Apparently British artist David Hockney rated the effect of the house as 'standing amongst those of the world's great opera experiences.'  For me, it was as Dennis Severs intended: I felt as though I was part of a painting, a Rembrandt perhaps, or a Hogarth if one has to choose an English artist.  In fact, Mr Severs spent a lifetime studying Old Masters' paintings in search of the light and moods of earlier times.  All and all it is a rare experience and I do not hesitate to describe this still-life drama as spellbinding, a true candlelit time warp.

The house is open every evening between 5 and 8 and daytime visits are limited to Sundays and Mondays.  When I enquired the reason for the limited hours I was informed, somewhat disdainfully, "Because the house needs to rest!"  A typical visit lasts around 45 minutes and includes an introductory talk.  Visitors are asked to wear footwear that will be gentle on the floors and carpets. They are also asked to remain silent for the duration of the tour (though whispers were acceptable!). Exact opening times, reservations (when necessary) and other details can be found at www.dennissevershouse.co.uk 

I grew up in London and visit regularly.  I feel I know it very well, but until a recent visit and a stay in the heart of the City (rather than the more popular West End) I had not heard of the Dennis Severs' House.  Apparently it has been open to the public for 35 years. Today it remains one of my most outstanding memories of the city I love and I hope I can return with a friend or relative one day without prior description, just with the preamble "Do I have a surprise for you!"

As a visit to the Dennis Severs house takes only a portion of a day or evening, it provides the visitor with an excellent opportunity to explore the area of London known simply as 'The City' or 'The Square Mile'.  Its most well-known sites: the Tower of London, Tower Bridge and St. Paul's Cathedral are on many itineraries, of course, but this, the financial heart of London, has additional worthwhile sites to offer.  

Here stands the imposing Bank of England with its fascinating museum, the gracious Guildhall, the Monument tower with its fine views commemorating the Great Fire of London of 1666, the extensive and interesting Museum of London, the Barbican Museum and Arts Centre and a variety of old city churches that offer concerts, some of them free and at lunchtime.

For a special treat pause in the courtyard cafe in the Royal Exchange (the old Stock Exchange Building), perhaps for some oysters and a glass of 'bubbly' or, for a different atmosphere, discover The Place Below, a restaurant offering imaginative vegetarian fare in the crypt of the Ste-Mary-le-Bow Church in Cheapside.  

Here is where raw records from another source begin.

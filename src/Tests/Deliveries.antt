-- ===== src/Tests/Deliveries.antt =====
-- The life of messages in a queue, on concrete calls.
use go_redis_smq.Prelude.{
  drop, ℕ, ◌≡◌, refl, sym, ap, some_inj, true, false, Option, none, some, List, [], ◌∷◌, ok, err,
}
use go_redis_smq.Prelude.Int.{pos, ◌+ℤ◌, ◌-ℤ◌}
use go_redis_smq.Prelude.Text.{Text}
use go_redis_smq.QueueState.{state_active, state_locked}
use go_redis_smq.Scheduling.{next_scheduled_timestamp}
use go_redis_smq.Scheduling.Publisher.{new_state}
use go_redis_smq.Consumer.{Envelope, cause_timeout, cause_ttl_expired, cause_offline_consumer}
use go_redis_smq.Delivery.Entries
use go_redis_smq.Delivery.Entries.{count, size, removed}
use go_redis_smq.Delivery.Data.{
  Db, Fields, no_fields, type_fifo, refusal, queue_locked, status_pending, status_acknowledged,
  status_dead_lettered,
}
use go_redis_smq.Delivery.Placed.{IsPlaced, stands_in}
use go_redis_smq.Delivery.Counted.{IsCounted}
use go_redis_smq.Delivery.Balanced.{IsBalanced}
use go_redis_smq.Delivery.Publish.{
  Outgoing, Publication, Error, objection, dispatch, build_publish_args,
}
use go_redis_smq.Delivery.Acknowledge.{acknowledge}
use go_redis_smq.Delivery.Checkout.{Dequeuer, pop}
use go_redis_smq.Delivery.Unacknowledge.{Audit, UnackEntry, unacknowledge_batch}
use go_redis_smq.Delivery.Dequeue.{ConsumeOptions, dequeue}
use go_redis_smq.Delivery.Calls.{
  Call, dispatches, pops, checks_out, acknowledges, unacknowledges, requeues, perform, AllAdmitted,
  run, run-IsPlaced,
}
use go_redis_smq.Delivery.Calls.Settled.{IsSettled, run-IsSettled}
use go_redis_smq.Delivery.Calls.Counters.{run-IsCounted}
use go_redis_smq.Delivery.Requeue.{Retry}
use go_redis_smq.Delivery.Workers.{ids_at, requeue, unacknowledge_processing_queue}
use go_redis_smq.Delivery.Workers.Drained.{requeue-ids}
use go_redis_smq.Delivery.Workers.Offline.{unacknowledge_processing_queue-ids}
use go_redis_smq.Delivery.Refusals.{takes, Published, dispatch_decides}
use go_redis_smq.Delivery.Stranded.{dequeue_strands}
use go_redis_smq.Delivery.Order.{
  arrives, leaves, waiting, expect, AllWelcome, play, play-expect, Turn,
}
use go_redis_smq.Tests.Failures.{task, order}

abbrev pub next_tick : Text → ℕ → Option ℕ
next_tick c now = none

abbrev pub empty_queue : Db
empty_queue = record {
  queue_type = some type_fifo;
  operational_state = some state_active;
  lock_id = [];
  messages_count = pos 0;
  pending_count = pos 0;
  processing_count = pos 0;
  requeued_count = pos 0;
  delayed_count = pos 0;
  scheduled_count = pos 0;
  acknowledged_count = pos 0;
  dead_lettered_count = pos 0;
  groups = [];
  entries = [];
  message = λ _. no_fields;
  history = λ _. [];
}

abbrev pub audit : Audit
audit = record {
  acknowledged_messages = record { enabled = true; queue_size = 1 };
  dead_lettered_messages = record { enabled = true; queue_size = 0 };
  history_enabled = false;
  history_max_size = 10;
}

abbrev pub parcel : ℕ → Outgoing
parcel id = record { id = id; content = task; priority = none; group = []; json = 123 ∷ [] }

abbrev pub worker : Dequeuer
worker = record { consumer = 99 ∷ []; group = []; queue_type = type_fifo }

-- Two messages; one is acknowledged, the other fails and is retried at once.
abbrev calls : List (ℕ × Call)
calls =
    (10, dispatches (parcel 7))
    ∷ (11, dispatches (parcel 8))
    ∷ (12, pops worker)
    ∷ (13, checks_out 7)
    ∷ (14, acknowledges (99 ∷ []) (7 ∷ []))
    ∷ (15, pops worker)
    ∷ (16, checks_out 8)
    ∷ (
      17,
      unacknowledges (99 ∷ []) (record { id = 8; envelope = order; cause = cause_timeout } ∷ []),
    )
    ∷ (18, requeues (record { id = 8; priority = none; retry_delay = 0; group = [] } ∷ []))
    ∷ []

empty_queue-IsPlaced : IsPlaced empty_queue.entries empty_queue.message
unfolding stands_in count
empty_queue-IsPlaced place id t = refl

empty_queue-IsCounted : IsCounted empty_queue
unfolding ◌+ℤ◌ size
empty_queue-IsCounted = record {
  in_queue = refl;
  requeued = refl;
  delayed = refl;
  scheduled = refl;
  published = refl;
}

after_calls :
    let d = run next_tick audit calls empty_queue in
    (d.pending_count ≡ pos 1)
    × (d.processing_count ≡ pos 0)
    × (d.acknowledged_count ≡ pos 1)
    × ((d.message 7).status ≡ some status_acknowledged)
    × ((d.message 8).status ≡ some status_pending)
    × ((d.message 8).attempts ≡ 1)
unfolding run refusal objection removed ◌+ℤ◌ ◌-ℤ◌
after_calls = (refl, refl, refl, refl, refl, refl)

calls-AllAdmitted : AllAdmitted next_tick audit calls empty_queue
unfolding perform refusal objection
calls-AllAdmitted = (refl, (refl, (tt, (tt, (tt, (tt, (tt, (tt, (tt, tt)))))))))

empty_queue-IsSettled : IsSettled audit empty_queue.entries empty_queue.message
unfolding IsSettled
empty_queue-IsSettled id dead = cc

-- A message whose time to live is over when its consumer gives it back, and one that waits.
abbrev expiring : List (ℕ × Call)
expiring =
    (10, dispatches (parcel 7))
    ∷ (11, dispatches (parcel 8))
    ∷ (12, pops worker)
    ∷ (13, checks_out 7)
    ∷ (
      14,
      unacknowledges (99 ∷ [])
          (record { id = 7; envelope = order; cause = cause_ttl_expired } ∷ []),
    )
    ∷ []

expiring-AllAdmitted : AllAdmitted next_tick audit expiring empty_queue
unfolding perform refusal objection
expiring-AllAdmitted = (refl, (refl, (tt, (tt, (tt, tt)))))

dead_after_expiring :
    ((run next_tick audit expiring empty_queue).message 7).status ≡ some status_dead_lettered
unfolding run refusal objection removed ◌+ℤ◌ ◌-ℤ◌
dead_after_expiring = refl

run-IsSettled_example :
    let d = run next_tick audit expiring empty_queue in
    IsPlaced d.entries d.message × IsSettled audit d.entries d.message
run-IsSettled_example =
    run-IsSettled next_tick audit expiring empty_queue expiring-AllAdmitted empty_queue-IsPlaced
      empty_queue-IsSettled

empty_queue-IsBalanced : IsBalanced empty_queue
unfolding ◌+ℤ◌
empty_queue-IsBalanced = refl

run-IsCounted_example :
    IsCounted (run next_tick audit calls empty_queue)
    × IsBalanced (run next_tick audit calls empty_queue)
run-IsCounted_example =
    run-IsCounted next_tick audit calls empty_queue calls-AllAdmitted empty_queue-IsPlaced
      empty_queue-IsCounted empty_queue-IsBalanced

dispatch_decides_example :
    let e = parcel 7 in
    let (d', result) = dispatch next_tick 10 e empty_queue in
    (takes (next_scheduled_timestamp next_tick 10 task (new_state task)).1 e empty_queue ≡ true
      → (result ≡ ok 7)
        × Published type_fifo
            (next_scheduled_timestamp next_tick 10 task (new_state task)).1
            e
            empty_queue
            d')
    × (takes (next_scheduled_timestamp next_tick 10 task (new_state task)).1 e empty_queue ≡ false
        → (d' ≡ empty_queue) × ((error : Error) × (result ≡ err error)))
dispatch_decides_example = dispatch_decides next_tick 10 (parcel 7) empty_queue

-- A message is published, then the queue is locked.
abbrev locked_queue : Db
locked_queue = record (run next_tick audit ((10, dispatches (parcel 7)) ∷ []) empty_queue) {
  operational_state = some state_locked;
  lock_id = 5 ∷ [];
}

abbrev pub options : ConsumeOptions
options = record { ttl = 0; retry_threshold = 3; retry_delay = 60000 }

locked_queue-refusal : refusal locked_queue ≡ some queue_locked
unfolding refusal
locked_queue-refusal = refl

locked_queue-pop : (pop worker locked_queue).1 ≡ some 7
unfolding run objection pop
locked_queue-pop = refl

abbrev load : ℕ → Fields → Option Envelope
load id m = some order

dequeue_strands_example :
    let (d', result) = dequeue 20 options audit worker locked_queue in
    (result ≡ err queue_locked)
    × (removed Entries.processing (99 ∷ []) 7 d'.entries ≡ true)
    × (d'.message ≡ locked_queue.message)
    × (d'.history ≡ locked_queue.history)
    × ((later : ℕ) (ids : List ℕ) → acknowledge load later audit (99 ∷ []) ids d' ≡ d')
    × ((later : ℕ) (es : List UnackEntry) → unacknowledge_batch later audit (99 ∷ []) es d' ≡ d')
dequeue_strands_example =
    dequeue_strands load 20 options audit worker locked_queue 7 queue_locked locked_queue-refusal
      locked_queue-pop

abbrev publication : ℕ → Publication
publication id = build_publish_args 10 0 (parcel id)

abbrev turns : List Turn
turns = arrives (publication 7) ∷ arrives (publication 8) ∷ leaves ∷ leaves ∷ leaves ∷ []

turns-AllWelcome : AllWelcome type_fifo turns empty_queue
unfolding objection build_publish_args
turns-AllWelcome = (refl, (refl, tt))

first_in_first_out : play worker turns empty_queue ≡ some 7 ∷ some 8 ∷ none ∷ []
unfolding play objection build_publish_args
first_in_first_out = refl

play-expect_example : play worker turns empty_queue ≡ expect false [] turns []
unfolding waiting
play-expect_example = play-expect worker turns empty_queue refl refl turns-AllWelcome

-- Two messages, of which one fails and the other is with a consumer that is gone.
abbrev failing : List (ℕ × Call)
failing =
    (10, dispatches (parcel 7))
    ∷ (11, dispatches (parcel 8))
    ∷ (12, pops worker)
    ∷ (13, checks_out 7)
    ∷ (14, pops worker)
    ∷ (
      15,
      unacknowledges (99 ∷ []) (record { id = 7; envelope = order; cause = cause_timeout } ∷ []),
    )
    ∷ []

failing-AllAdmitted : AllAdmitted next_tick audit failing empty_queue
unfolding perform refusal objection
failing-AllAdmitted = (refl, (refl, (tt, (tt, (tt, (tt, tt))))))

abbrev failed : Db
failed = run next_tick audit failing empty_queue

failed-IsPlaced : IsPlaced failed.entries failed.message
failed-IsPlaced =
    run-IsPlaced next_tick audit failing empty_queue failing-AllAdmitted empty_queue-IsPlaced

failed-queue_type : failed.queue_type ≡ some type_fifo
unfolding run refusal objection removed
failed-queue_type = refl

failed-refusal : refusal failed ≡ none
unfolding run refusal objection removed
failed-refusal = refl

failed-requeued : ids_at Entries.requeued [] failed.entries ≡ 7 ∷ []
unfolding run refusal objection removed ids_at
failed-requeued = refl

abbrev load_retry : ℕ → Fields → Option Retry
load_retry id m = some (record { id = id; priority = none; retry_delay = 0; group = [] })

keeps_ids : (id : ℕ) (m : Fields) (r : Retry) → load_retry id m ≡ some r → r.id ≡ id
keeps_ids id m r e = sym (ap (λ x. x.id) (some_inj e))

requeue-ids_example :
    ids_at Entries.requeued [] (requeue load_retry 20 failed).entries
    ≡ drop 100 (ids_at Entries.requeued [] failed.entries)
requeue-ids_example =
    requeue-ids load_retry keeps_ids type_fifo 20 failed failed-queue_type failed-refusal
      failed-IsPlaced (λ id found. (_, refl))

unacknowledge_processing_queue-ids_example :
    ids_at Entries.processing
      (99 ∷ [])
      (unacknowledge_processing_queue load 20 audit (99 ∷ []) cause_offline_consumer failed).entries
    ≡ []
unacknowledge_processing_queue-ids_example =
    unacknowledge_processing_queue-ids load type_fifo 20 audit (99 ∷ []) cause_offline_consumer
      failed failed-queue_type failed-refusal failed-IsPlaced (λ id found. (order, refl))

And 'Cheapside' is not the only intriguing and evocative place name you will encounter here.  The City is so old that no 'roads' are to be found.  That's because the word 'road' did not come into use until sometime in the 17th century, by which time the thoroughfares of the ancient city had already been named as streets, lanes, gates or alleys.  

So keep your eyes open as you wander and you'll see Ropemaker, Knightrider, Hanging Sword, Love, Wormwood, Throgmorton, Houndsditch, Petticoat, Love, St. Mary Axe, Threadneedle and many more.  In olden days some of these monikers were so raucous that that were changed over the years in order not to offend 'modern' sensibilities!

Could only be in London!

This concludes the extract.